Thread: A problem for all Calculus whizzes

I have not been meticulous about the following, so do not assume that I have it correct. When not getting paid with money or sexual favors, I do not guarantee my work.


Function(x) = e^-x

Derivative(x) = -e^-x

Assume a point on the curve (p, e^-p)

Equation of tangent line is y = m*x + y0
where m is the derivative at x = p and y0 is the y-intercept (y when x = 0).

Substitute for m, resulting in the following.

Equation of tangent line is y = -x*e^-p + y0

(P, e^-p) is on the curve as well as on the tangent line.

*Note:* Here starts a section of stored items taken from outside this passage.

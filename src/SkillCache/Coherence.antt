-- ===== src/SkillCache/Coherence.antt =====
-- What `SkillBodyCache` returns: the content of the file, as long as a file that changes also changes
-- its modification time; and in which order `Put` and `Get` keep the entries.
use neuralgentics_broker.Prelude.{
  ℕ, String, ◌≡◌, refl, sym, ap, ◌∙◌, inl, inr, true, false, ◌||◌, Option, none, some, List, [],
  ◌∷◌, ◌++◌, arith, eqb, Bool-cases, is_some, length, All,
}
use neuralgentics_broker.SkillCache.{
  put, Cache, CacheEntry, FileInfo, FileSystem, Reply, lookup, remove, remove_element,
  enforce_limits, load, refresh, serve, miss, get_found, get, put_found, time_or_zero, put_found,
  time_or_zero,
}
use neuralgentics_broker.SkillCache.Entries.{
  lookup-remove_self, remove_absent, path-lookup, All-remove, All-append, All-lookup,
}
use neuralgentics_broker.SkillCache.Limits.{
  within, lookup-newest_fitting_last, newest_fitting, enforce_limits-newest_fitting,
  All-newest_fitting,
}
use mathlib.Core.Path.{ap₂}
use neuralgentics_broker.SkillCache.Validity.{
  insert_new, IsValid, IsCounted, replace_swap, replace_drop_add, lookup-Holds,
}

-- What a file held at each of its modification times.
abbrev pub History : Type 0
History = String → ℕ → List ℕ

-- The file system reads what the file holds at the time that `Stat` reports.
abbrev pub Follows : FileSystem → History → Type 0
Follows fs content =
    (path : String) (info : FileInfo) (body : List ℕ)
    → fs.stat path ≡ some info
    → fs.read_file path ≡ some body
    → body ≡ content path info.mod_time

abbrev pub Faithful : History → CacheEntry → Type 0
Faithful content e = e.body ≡ content e.path e.mod_time

abbrev pub Coherent : History → Cache → Type 0
Coherent content c = All (Faithful content) c.ll

-- the reply is what the file holds now, or there is none
abbrev pub Current : History → FileSystem → String → Reply → Type 0
Current content fs path none = Unit
Current content fs path (some body) =
    (info : FileInfo) × (fs.stat path ≡ some info) × (body ≡ content path info.mod_time)

module _ (content : History) where
  enforce_limits-Coherent :
      (c : Cache) → IsCounted c → Coherent content c → Coherent content (enforce_limits c)
  enforce_limits-Coherent c v h =
      rw (enforce_limits-newest_fitting c v.counted)
        (All-newest_fitting c.capacity c.max_bytes (Faithful content) c.ll h)

  -- what a branch of `Get` leaves and returns
  abbrev Good : FileSystem → String → Cache × Reply → Type 0
  Good fs path r = Coherent content r.0 × Current content fs path r.1

  module _ (fs : FileSystem) (follows : Follows fs content) (c : Cache) (path : String)
      (v : IsValid c) (h : Coherent content c) where
    load-Good :
        (info : FileInfo) (body : Option (List ℕ))
        → fs.stat path ≡ some info
        → fs.read_file path ≡ body
        → lookup path c.ll ≡ none
        → Good fs path (load c path info body)
    load-Good info none s r absent = (h, tt)
    load-Good info (some body) s r absent =
        let fresh = follows path info body s r in
        let e : CacheEntry = record {
          path = path;
          body = body;
          mod_time = info.mod_time;
          size = info.size;
        } in
        (
          enforce_limits-Coherent _ (insert_new c e absent v)
              (All-append (Faithful content) c.ll e h fresh),
          (info, s, fresh),
        )

    refresh-Good :
        (e : CacheEntry) (info : FileInfo) (body : Option (List ℕ))
        → fs.stat path ≡ some info
        → fs.read_file path ≡ body
        → lookup path c.ll ≡ some e
        → Good fs path (refresh c e info body)
    unfolding remove_element
    refresh-Good e info none s r there = (All-remove (Faithful content) e.path c.ll h, tt)
    refresh-Good e info (some body) s r there =
        let fresh = follows path info body s r in
        let e' = record e { body = body; mod_time = info.mod_time; size = info.size } in
        let p : e.path ≡ path = path-lookup path c.ll {e = e} there in
        (
          enforce_limits-Coherent _ (replace_swap c e e' (lookup-Holds c path {e = e} there) refl v)
              (All-append (Faithful content) (remove e.path c.ll) e'
                (All-remove (Faithful content) e.path c.ll h)
                (fresh ∙ ap (λ q. content q info.mod_time) (sym p))),
          (info, s, fresh),
        )

    serve-Good :
        (e : CacheEntry) (found : Option FileInfo)
        → fs.stat path ≡ found
        → lookup path c.ll ≡ some e
        → Good fs path (serve fs c path e found)
    unfolding remove_element
    serve-Good e none s there = (All-remove (Faithful content) e.path c.ll h, tt)
    serve-Good e (some info) s there = elim (Bool-cases (eqb info.mod_time e.mod_time)) [
      | inl same ↦
          let f : Faithful content e = All-lookup (Faithful content) path c.ll {e = e} h there in
          let p : e.path ≡ path = path-lookup path c.ll {e = e} there in
          let t : info.mod_time ≡ e.mod_time = ground arith in
          rw (same, serve)
            (
              All-append (Faithful content) (remove e.path c.ll) e
                  (All-remove (Faithful content) e.path c.ll h) f,
              (info, s, f ∙ ap₂ content p (sym t)),
            )
      | inr stale ↦ rw (stale, serve) (refresh-Good e info (fs.read_file path) s refl there)
    ]

    miss-Good :
        (found : Option FileInfo)
        → fs.stat path ≡ found
        → lookup path c.ll ≡ none
        → Good fs path (miss fs c path found)
    miss-Good none s absent = (h, tt)
    miss-Good (some info) s absent = load-Good info (fs.read_file path) s refl absent

    get_found-Good :
        (found : Option CacheEntry)
        → lookup path c.ll ≡ found
        → Good fs path (get_found fs c path found)
    get_found-Good none absent = miss-Good (fs.stat path) refl absent
    get_found-Good (some e) there = serve-Good e (fs.stat path) refl there

-- If a file changes its content only together with its modification time, then `Get` never returns
-- a stale body: what it returns is what the file holds at the time that `Stat` reports in this very
-- call, whenever and however the entry was cached; and the cache stays coherent for the next call.
pub get-Current :
    (content : History) (fs : FileSystem) (c : Cache) (path : String)
    → Follows fs content
    → IsValid c
    → Coherent content c
    → Coherent content (get fs c path).0 × Current content fs path (get fs c path).1
unfolding get
get-Current content fs c path follows v h =
    get_found-Good content fs follows c path v h (lookup path c.ll) refl

-- `Get` answers exactly when the file is there and is cached under its present time or can be read.
get-is_some :
    (fs : FileSystem) (c : Cache) (path : String)
    → is_some (get fs c path).1 ≡ elim (fs.stat path) [
      | none ↦ false
      | some info ↦ elim (lookup path c.ll) [
        | none ↦ is_some (fs.read_file path)
        | some e ↦ eqb info.mod_time e.mod_time || is_some (fs.read_file path)
      ]
    ]
unfolding get
get-is_some fs c path = ground arith

-- the entry that `Put` stores
abbrev pub stored : FileSystem → String → List ℕ → CacheEntry
stored fs path body = record {
  path = path;
  body = body;
  mod_time = time_or_zero (fs.stat path);
  size = length body;
}

put_found-lem :
    (c : Cache) (e : CacheEntry) (found : Option CacheEntry)
    → IsValid c
    → lookup e.path c.ll ≡ found
    → (put_found c e found).ll
      ≡ newest_fitting c.capacity c.max_bytes (remove e.path c.ll ++ e ∷ [])
put_found-lem c e none v absent =
    ap (λ (d : Cache). d.ll) (enforce_limits-newest_fitting _ (insert_new c e absent v).counted)
    ∙ ap (λ es. newest_fitting c.capacity c.max_bytes (es ++ e ∷ []))
        (sym (remove_absent e.path c.ll absent))
put_found-lem c e (some old) v there =
    let p : old.path ≡ e.path = path-lookup e.path c.ll {e = old} there in
    ap (λ (d : Cache). d.ll)
      (enforce_limits-newest_fitting _
        (replace_drop_add c old e (lookup-Holds c e.path {e = old} there) (sym p) v).counted)
    ∙ ap (λ q. newest_fitting c.capacity c.max_bytes (remove q c.ll ++ e ∷ [])) p

-- On a valid cache `Put` makes the entry the newest, in the place of the one that the path had, and
-- keeps the longest run of the newest entries within both limits: the least recently used go first.
put-newest_fitting :
    (fs : FileSystem) (c : Cache) (path : String) (body : List ℕ)
    → IsValid c
    → (put fs c path body).ll
      ≡ newest_fitting c.capacity c.max_bytes (remove path c.ll ++ stored fs path body ∷ [])
unfolding put
put-newest_fitting fs c path body v =
    put_found-lem c (stored fs path body) (lookup path c.ll) v refl

-- If the cache is valid and the body alone is within the byte limit, the entry that was put is there
-- afterwards.
lookup-put :
    (fs : FileSystem) (c : Cache) (path : String) (body : List ℕ)
    → IsValid c
    → within c.max_bytes (length body) ≡ true
    → lookup path (put fs c path body).ll ≡ some (stored fs path body)
lookup-put fs c path body v w =
    ap (lookup path) (put-newest_fitting fs c path body v)
    ∙ lookup-newest_fitting_last c.capacity c.max_bytes (remove path c.ll) (stored fs path body)
        (lookup-remove_self path c.ll v.unique) w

Therefore the following.

e^-p = -p*e^-p + y0, which can be rearranged to provide the following.

y0 = e^-p + p*e^-p, which is y-intercept.

y0 = (1 + p)*e^-p Substituting in tangent line equation yields the following.

y = -x*e^-p + (1+p)*e^-p

When y = 0, 0 = -x*e^-p + (1 + p)*e^-p

x*e^-p = (1 + p)*e^-p

x = 1 + p is the x-intercept.

TriangleArea = x-intercept*y-intercept / 2

TriangleArea = [ (1 + p)^2 ]*e^-p / 2

Now find value of p for which the above is a maximum. This requires taking derivative of TriangleArea with respect to p and finding a zero value. I am not sure of the implications of there being no value of p for which the derivative is zero.

At this point, I have done a lot of thinking for no compensation. When I do not get paid in money or sexual favors, I get lazy. Can you do the rest from here?